The rise of Internet of Things (IoT) systems and the evolution of Low-Power Wide-Area Networks have directly contributed to the emergence of a new generation of Structural Health Monitoring (SHM) systems based on the Non-Destructive Test approach. Consequently, this article presents the design and development of a synchronous, low-cost, real-time, wireless, and low-power consumption SHM system for pre-existing buildings and infrastructures, which has been validated on a structure built in the High Middle Ages forming part of the historical heritage of the city of Seville (Spain). The system proposes a modular and scalable design with the capacity for synchronous monitoring of the accelerations of a structure thanks to the deployment of several reduced-size nodes that acquire and transmit the accelerations of the structures through a Secure Sockets Layer (SSL) NB-IoT connection.
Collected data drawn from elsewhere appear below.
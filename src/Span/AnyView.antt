-- ===== src/Span/AnyView.antt =====
-- include/pposix/any_view.hpp: untyped views of objects, read as bytes.
use pposix.Base.{ℕ, ◌*◌, Bool, ◌==◌}
use pposix.Span.Bytes.{ByteCspan, byte_cspan_of, ByteSpan, byte_span_of}

pub record AnyCview : Type 0 where
  pub data_ : ℕ
  pub len_ : ℕ

-- `any_cview()`
unfoldable pub any_cview : AnyCview
any_cview = record { data_ = 0; len_ = 0 }

-- `any_cview(void const *data, std::size_t len)`
unfoldable pub any_cview_of : ℕ → ℕ → AnyCview
any_cview_of address len = record { data_ = address; len_ = len }

-- From an array of `count` elements of `size` bytes.
unfoldable pub any_cview_of_array : (size address count : ℕ) → AnyCview
any_cview_of_array size address count = record { data_ = address; len_ = size * count }

-- From a pointer to one object of `size` bytes.
unfoldable pub any_cview_of_object : (size address : ℕ) → AnyCview
any_cview_of_object size address = record { data_ = address; len_ = size }

-- `data()` and `length()`
abbrev pub any_cview_data : AnyCview → ℕ
any_cview_data v = v.data_

abbrev pub any_cview_length : AnyCview → ℕ
any_cview_length v = v.len_

unfoldable pub any_cview_empty : AnyCview → Bool
any_cview_empty v = any_cview_length v == 0

unfoldable pub any_cview_as_bytes : AnyCview → ByteCspan
any_cview_as_bytes v = byte_cspan_of v.data_ v.len_

pub record AnyView : Type 0 where
  pub data_ : ℕ
  pub len_ : ℕ

-- `any_view()`
unfoldable pub any_view : AnyView
any_view = record { data_ = 0; len_ = 0 }

-- `any_view(void *data, std::size_t len)`
unfoldable pub any_view_of : ℕ → ℕ → AnyView
any_view_of address len = record { data_ = address; len_ = len }

unfoldable pub any_view_of_array : (size address count : ℕ) → AnyView
any_view_of_array size address count = record { data_ = address; len_ = size * count }

unfoldable pub any_view_of_object : (size address : ℕ) → AnyView
any_view_of_object size address = record { data_ = address; len_ = size }

-- `data()` and `length()`
abbrev pub any_view_data : AnyView → ℕ
any_view_data v = v.data_

abbrev pub any_view_length : AnyView → ℕ
any_view_length v = v.len_

unfoldable pub any_view_empty : AnyView → Bool
any_view_empty v = any_view_length v == 0

-- `operator any_cview()`
unfoldable pub to_any_cview : AnyView → AnyCview
unfolding any_cview_of
to_any_cview v = any_cview_of (any_view_data v) (any_view_length v)

unfoldable pub as_bytes : AnyView → ByteCspan
as_bytes v = byte_cspan_of v.data_ v.len_

unfoldable pub as_writeable_bytes : AnyView → ByteSpan
as_writeable_bytes v = byte_span_of v.data_ v.len_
This aspect and Firmware Over The Air (FOTA) capability enables the permanent deployment of sensor nodes, thereby not only obviating the use of costly traditional devices but also granting access to the structures to be monitored for each test and maintenance task and hence supporting the tasks related to the preventive conservation of heritage. The experimental tests carried out demonstrate the low impact of GPS time synchronization and FOTA on the autonomy of the system. The precision of the system is also validated by comparing the results with a precision system in a real field test. Furthermore, continuous monitoring is guaranteed through the graphical interface developed as a composition of microservices, which enables management of the deployed networks.